Amazon To Stop Selling Apple TV And Chromecast

Bloomberg:

Amazon.com Inc. is flexing its e-commerce muscles to gain an edge on competitors in the video-streaming market by ending the sale of devices from Google Inc. and Apple Inc. that aren’t easily compatible with Amazon’s video service.

The Seattle-based Web retailer sent an e-mail to its marketplace sellers that it will stop selling Apple TV and Google’s Chromecast. No new listings for the products will be allowed and posting of existing inventory will be removed Oct. 29, Amazon said. Amazon’s streaming service, called Prime Video, doesn’t run easily on its rival’s hardware.

Amazon has monopolistic power over this because set-top boxes aren’t a primary component of Amazon’s sales; it can turn away buyers of Apple TV and Chromecast without materially affecting its overall business sales numbers.

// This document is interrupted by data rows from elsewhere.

-- ===== src/Registry/Hierarchy/Histories.antt =====
-- The rows of the hierarchy after calls one after another: no cycle, and one row at most for two
-- KPIs.
use strat_align.Prelude.{
  ℕ, Bool, true, false, List, [], ◌∷◌, ◌≡◌, refl, sym, ap, ◌∙◌, ◌⊎◌, inl, inr, arith, In, not, keep,
  ok, Bool-cases, then_ok,
}
use mathlib.Core.Path.{subst}
use strat_align.Strategy.Cycle.{DirectedEdge}
use strat_align.Strategy.Cycle.Sets.{edge}
use strat_align.Strategy.Cycle.Walks.{Walk, one, more, HasCycle}
use strat_align.Registry.Hierarchy.{
  KpiHierarchyNode, Tables, SetRollupInput, Result, is_edge, upsert, set_rollup, remove_rollup,
}
use strat_align.Registry.Hierarchy.Descendants.{links}
use strat_align.Registry.Hierarchy.Acyclic.{set_rollup-upsert}

-- The rows after calls that went through one after another, whatever the other tables held at each;
-- a call that throws changes nothing.
pub data Reached : List KpiHierarchyNode → Type 0 where
  empty : Reached []
  sets :
      {ns ns' : List KpiHierarchyNode} (tables : Tables) (id : ℕ) (input : SetRollupInput)
      → Reached ns
      → set_rollup tables id input ns ≡ ok ns'
      → Reached ns'
  removes :
      {ns ns' : List KpiHierarchyNode} (parent child : ℕ)
      → Reached ns
      → remove_rollup parent child ns ≡ ok ns'
      → Reached ns'

-- No two rows have the same parent and child.
abbrev pub IsOnce : List KpiHierarchyNode → Type 0
IsOnce [] = Unit
IsOnce (h ∷ hs) = ¬ In (edge h.parent_kpi_id h.child_kpi_id) (links hs) × IsOnce hs

abbrev Sub : List DirectedEdge → List DirectedEdge → Type 0
Sub es fs = (u v : ℕ) → In (edge u v) es → In (edge u v) fs

Walk-Sub : {es fs : List DirectedEdge} {u v : ℕ} → Sub es fs → Walk es u v → Walk fs u v
Walk-Sub sub (one {u} {v} h) = one (sub u v h)
Walk-Sub sub (more {u} {v} h w) = more (sub u v h) (Walk-Sub sub w)

keep-Sub :
    (p : KpiHierarchyNode → Bool) (hs : List KpiHierarchyNode) → Sub (links (keep p hs)) (links hs)
keep-Sub p [] u v i = i
keep-Sub p (h ∷ hs) u v i = ground (arith, keep-Sub p hs u v)

keep-IsOnce :
    (p : KpiHierarchyNode → Bool) (hs : List KpiHierarchyNode) → IsOnce hs → IsOnce (keep p hs)
keep-IsOnce p [] o = o
keep-IsOnce p (h ∷ hs) o = elim (Bool-cases (p h)) [
  | inl kept ↦
      rw (kept, IsOnce)
        (λ i. o.0 (keep-Sub p hs h.parent_kpi_id h.child_kpi_id i), keep-IsOnce p hs o.1)
  | inr dropped ↦ rw (dropped, IsOnce) (keep-IsOnce p hs o.1)
]

abbrev Reach : List DirectedEdge → ℕ → ℕ → Type 0
Reach es u v = (u ≡ v) ⊎ Walk es u v

Walk-then : {es : List DirectedEdge} {u v w : ℕ} → Walk es u v → Walk es v w → Walk es u w
Walk-then (one h) w = more h w
Walk-then (more h v) w = more h (Walk-then v w)

Reach-then : {es : List DirectedEdge} {u v w : ℕ} → Reach es u v → Reach es v w → Reach es u w
Reach-then (inl a) (inl b) = inl (a ∙ b)
Reach-then (inl a) (inr w) = inr (rw a w)
Reach-then (inr w) (inl b) = inr (rw (← b) w)
Reach-then (inr v) (inr w) = inr (Walk-then v w)

module _ (es fs : List DirectedEdge) (p c : ℕ)
    (grown : (u v : ℕ) → In (edge u v) fs → In (edge u v) es ⊎ ((u ≡ p) × (c ≡ v))) where
  -- A walk along the grown edges avoids the new edge, or comes to its start and goes on from its
  -- end.
  Walk-split : {u w : ℕ} → Walk fs u w → Walk es u w ⊎ (Reach es u p × Reach es c w)
  Walk-split (one {u} {v} h) = elim (grown u v h) [
    | inl old ↦ inl (one old)
    | inr (a, b) ↦ inr (inl a, inl b)
  ]
  Walk-split (more {u} {v} h w) = elim (grown u v h) [
    | inl old ↦ elim (Walk-split w) [
      | inl rest ↦ inl (more old rest)
      | inr (a, b) ↦ inr (Reach-then (inr (one old)) a, b)
    ]
    | inr (a, b) ↦ elim (Walk-split w) [
      | inl rest ↦ inr (inl a, Reach-then (inl b) (inr rest))
      | inr (x, y) ↦ inr (inl a, y)
    ]
  ]

  pub grown_acyclic : ¬ HasCycle es → ¬ Reach es c p → ¬ HasCycle fs
  grown_acyclic acyclic apart (u, w) = elim (Walk-split w) [
    | inl old ↦ acyclic (u, old)
    | inr (a, b) ↦ apart (Reach-then b a)
  ]

upsert_found :
    (id : ℕ) (input : SetRollupInput) (h : KpiHierarchyNode) (hs : List KpiHierarchyNode)
    → is_edge input.parent_kpi_id input.child_kpi_id h ≡ true
    → links (upsert id input (h ∷ hs)) ≡ links (h ∷ hs)
unfolding upsert
upsert_found id input h hs found = rw found refl

upsert_other :
    (id : ℕ) (input : SetRollupInput) (h : KpiHierarchyNode) (hs : List KpiHierarchyNode)
    → is_edge input.parent_kpi_id input.child_kpi_id h ≡ false
    → upsert id input (h ∷ hs) ≡ h ∷ upsert id input hs
unfolding upsert
upsert_other id input h hs other = rw other refl

not_edge :
    (p c : ℕ) (h : KpiHierarchyNode)
    → is_edge p c h ≡ false
    → ¬ ((h.parent_kpi_id ≡ p) × (c ≡ h.child_kpi_id))
not_edge p c h e (a, b) = ground arith

upsert-grown :
    (id : ℕ) (input : SetRollupInput) (hs : List KpiHierarchyNode) (u v : ℕ)
    → In (edge u v) (links (upsert id input hs))
    → In (edge u v) (links hs) ⊎ ((u ≡ input.parent_kpi_id) × (input.child_kpi_id ≡ v))
unfolding upsert
upsert-grown id input [] u v i = elim i [
  | inl new ↦ inr (
    ap (λ (d : DirectedEdge). d.from_node_id) new,
    sym (ap (λ (d : DirectedEdge). d.to_node_id) new),
  )
  | inr nowhere ↦ absurd nowhere
]
upsert-grown id input (h ∷ hs) u v i =
    elim (Bool-cases (is_edge input.parent_kpi_id input.child_kpi_id h)) [
      | inl found ↦ inl (subst (λ es. In (edge u v) es) (upsert_found id input h hs found) i)
      | inr other ↦
          elim (subst (λ ns. In (edge u v) (links ns)) (upsert_other id input h hs other) i) [
            | inl here ↦ inl (inl here)
            | inr later ↦ elim (upsert-grown id input hs u v later) [
              | inl old ↦ inl (inr old)
              | inr new ↦ inr new
            ]
          ]
    ]

pub upsert-IsOnce :
    (id : ℕ) (input : SetRollupInput) (hs : List KpiHierarchyNode)
    → IsOnce hs
    → IsOnce (upsert id input hs)
unfolding upsert
upsert-IsOnce id input [] o = (λ i. i, tt)
upsert-IsOnce id input (h ∷ hs) o =
    elim (Bool-cases (is_edge input.parent_kpi_id input.child_kpi_id h)) [
      | inl found ↦ rw (found, IsOnce) o
      | inr other ↦
          rw (other, IsOnce)
            (
              λ i. elim (upsert-grown id input hs h.parent_kpi_id h.child_kpi_id i) [
                | inl old ↦ o.0 old
                | inr new ↦ not_edge input.parent_kpi_id input.child_kpi_id h other new
              ],
              upsert-IsOnce id input hs o.1,
            )
    ]

ok-cancel :
    {xs ys : List KpiHierarchyNode}
    → ◌≡◌ {A = Result (List KpiHierarchyNode)} (ok xs) (ok ys)
    → xs ≡ ys
ok-cancel h = cc

no-Walk : {u v : ℕ} → ¬ Walk [] u v
no-Walk (one h) = h
no-Walk (more h w) = h

removed :
    (parent child : ℕ) (ns ns' : List KpiHierarchyNode)
    → remove_rollup parent child ns ≡ ok ns'
    → keep (λ h. not (is_edge parent child h)) ns ≡ ns'
unfolding remove_rollup
removed parent child ns ns' h =
    ok-cancel ((then_ok _ (ok (keep (λ h. not (is_edge parent child h)) ns)) ns').0 h).1

-- Whatever calls of setRollup and removeRollup are made one after another, and whatever the tables
-- of KPIs and rules hold at each: no walk of one edge or more along the hierarchy leads back to
-- where it started, and there is at most one row for a parent and a child.
pub hierarchy_acyclic :
    {ns : List KpiHierarchyNode} → Reached ns → (¬ HasCycle (links ns)) × IsOnce ns
hierarchy_acyclic empty = (λ (u, w). no-Walk w, tt)
hierarchy_acyclic (sets {ns} tables id input r h) =
    let (allowed, written) = (set_rollup-upsert tables id input ns _).0 h in
    let (acyclic, once) = hierarchy_acyclic r in
    subst (λ k. (¬ HasCycle (links k)) × IsOnce k) written
      (
        grown_acyclic (links ns) (links (upsert id input ns)) input.parent_kpi_id input.child_kpi_id
            (upsert-grown id input ns) acyclic
            (λ back. elim back [
              | inl same ↦ allowed.distinct (sym same)
              | inr w ↦ allowed.no_way_back w
            ]),
        upsert-IsOnce id input ns once,
      )
hierarchy_acyclic (removes {ns} parent child r h) =
    let (acyclic, once) = hierarchy_acyclic r in
    let p = λ (h : KpiHierarchyNode). not (is_edge parent child h) in
    subst (λ k. (¬ HasCycle (links k)) × IsOnce k) (removed parent child ns _ h)
      (λ (u, w). acyclic (u, Walk-Sub (keep-Sub p ns) w), keep-IsOnce p ns once)
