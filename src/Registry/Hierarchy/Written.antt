-- ===== src/Registry/Hierarchy/Written.antt =====
-- When `setRollup` goes through, and what it writes.
use strat_align.Prelude.{
  ℕ, List, [], ◌∷◌, ◌≡◌, refl, sym, ◌↔◌, ◌⊎◌, inl, inr, In, ok, Bool-cases, eq_of_test, and_true,
  ◌==◌, true,
}
use mathlib.Core.Path.{subst}
use strat_align.Registry.Hierarchy.{
  KpiHierarchyNode, Tables, SetRollupInput, is_edge, upsert, set_rollup,
}
use strat_align.Registry.Hierarchy.Acyclic.{IsAllowed, set_rollup-upsert}
use strat_align.Registry.Hierarchy.Histories.{IsOnce, upsert-IsOnce}

abbrev pub HasPair : SetRollupInput → KpiHierarchyNode → Type 0
HasPair input h = (h.parent_kpi_id ≡ input.parent_kpi_id) × (h.child_kpi_id ≡ input.child_kpi_id)

-- A row with the parent, the child and the rule of the call.
abbrev pub IsRow : SetRollupInput → KpiHierarchyNode → Type 0
IsRow input h = HasPair input h × (h.rollup_method_rule_id ≡ input.rollup_method_rule_id)

-- What the write leaves: such a row, every row of other KPIs as it was, and no more.
pub record IsWritten (input : SetRollupInput) (nodes ns : List KpiHierarchyNode) : Type 0 where
  pub entered : (h : KpiHierarchyNode) × In h ns × IsRow input h
  pub known : (h : KpiHierarchyNode) → In h ns → IsRow input h ⊎ In h nodes
  pub kept : (h : KpiHierarchyNode) → In h nodes → (¬ HasPair input h) → In h ns

is_edge-HasPair :
    (input : SetRollupInput) (h : KpiHierarchyNode)
    → is_edge input.parent_kpi_id input.child_kpi_id h ≡ true
    → HasPair input h
is_edge-HasPair input h e =
    let (a, b) =
      and_true (h.parent_kpi_id == input.parent_kpi_id) (h.child_kpi_id == input.child_kpi_id) e in
    (
      eq_of_test h.parent_kpi_id input.parent_kpi_id a,
      eq_of_test h.child_kpi_id input.child_kpi_id b,
    )

upsert-IsWritten :
    (id : ℕ) (input : SetRollupInput) (nodes : List KpiHierarchyNode)
    → IsWritten input nodes (upsert id input nodes)
unfolding upsert
upsert-IsWritten id input [] = record {
  entered = (_, inl refl, ((refl, refl), refl));
  known = λ h i. elim i [
    | inl new ↦ inl (subst (λ k. IsRow input k) (sym new) ((refl, refl), refl))
    | inr none_left ↦ absurd none_left
  ];
  kept = λ h i d. absurd i;
}
upsert-IsWritten id input (g ∷ gs) =
    let rest = upsert-IsWritten id input gs in
    elim (Bool-cases (is_edge input.parent_kpi_id input.child_kpi_id g)) [
      | inl own ↦
          let pair = is_edge-HasPair input g own in
          rw own (record {
            entered = (_, inl refl, (pair, refl));
            known = λ h i. elim i [
              | inl new ↦ inl (subst (λ k. IsRow input k) (sym new) (pair, refl))
              | inr old ↦ inr (inr old)
            ];
            kept = λ h i d. elim i [
              | inl same ↦ absurd (d (subst (λ k. HasPair input k) (sym same) pair))
              | inr old ↦ inr old
            ];
          })
      | inr other ↦ rw other (record {
        entered = (rest.entered.0, inr rest.entered.1, rest.entered.2);
        known = λ h i. elim i [
          | inl same ↦ inr (inl same)
          | inr later ↦ elim (rest.known h later) [ inl new ↦ inl new | inr old ↦ inr (inr old) ]
        ];
        kept = λ h i d. elim i [ inl same ↦ inl same | inr old ↦ inr (rest.kept h old d) ];
      })
    ]

-- When no other call writes in between, `setRollup` goes through exactly when the two KPIs differ,
-- exist and are not retired, the rule is a published rollup rule, and no walk along the edges leads
-- from the child to the parent. The table then has a row of that parent, child and rule, also where
-- the two had a row with another rule, and every row of other KPIs as it was; each of its rows is
-- such a row or was there; and it has one row at most for two KPIs, if it had before.
pub set_rollup_iff :
    (tables : Tables) (id : ℕ) (input : SetRollupInput) (nodes : List KpiHierarchyNode)
    → (((ns : List KpiHierarchyNode) × (set_rollup tables id input nodes ≡ ok ns))
        ↔ IsAllowed tables input nodes)
      × ((ns : List KpiHierarchyNode)
          → set_rollup tables id input nodes ≡ ok ns
          → IsWritten input nodes ns × (IsOnce nodes → IsOnce ns))
set_rollup_iff tables id input nodes = (
  (
    λ (ns, h). ((set_rollup-upsert tables id input nodes ns).0 h).0,
    λ a. (
      upsert id input nodes,
      (set_rollup-upsert tables id input nodes (upsert id input nodes)).1 (a, refl),
    ),
  ),
  λ ns h.
      subst (λ k. IsWritten input nodes k × (IsOnce nodes → IsOnce k))
        ((set_rollup-upsert tables id input nodes ns).0 h).1
        (upsert-IsWritten id input nodes, upsert-IsOnce id input nodes),
)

It’s perfectly logical for Amazon to only feature TV products that work with its services. This policy is clear-cut for the current-gen Apple TV — no Prime support, no sales. However, this reasoning does not really apply to the Chromecast. The Chromecast SDK is offered to anyone to implement and arguably is ‘easily compatible’ with Amazon Prime Video if Amazon developed the integration. This nuance doesn’t seem to have been addressed in the announcement email.

It’s also not clear whether this policy applies to the new Apple TV, where Amazon could make an app and get its content on the box. On this front, I suppose we’ll find out in October when the product launches.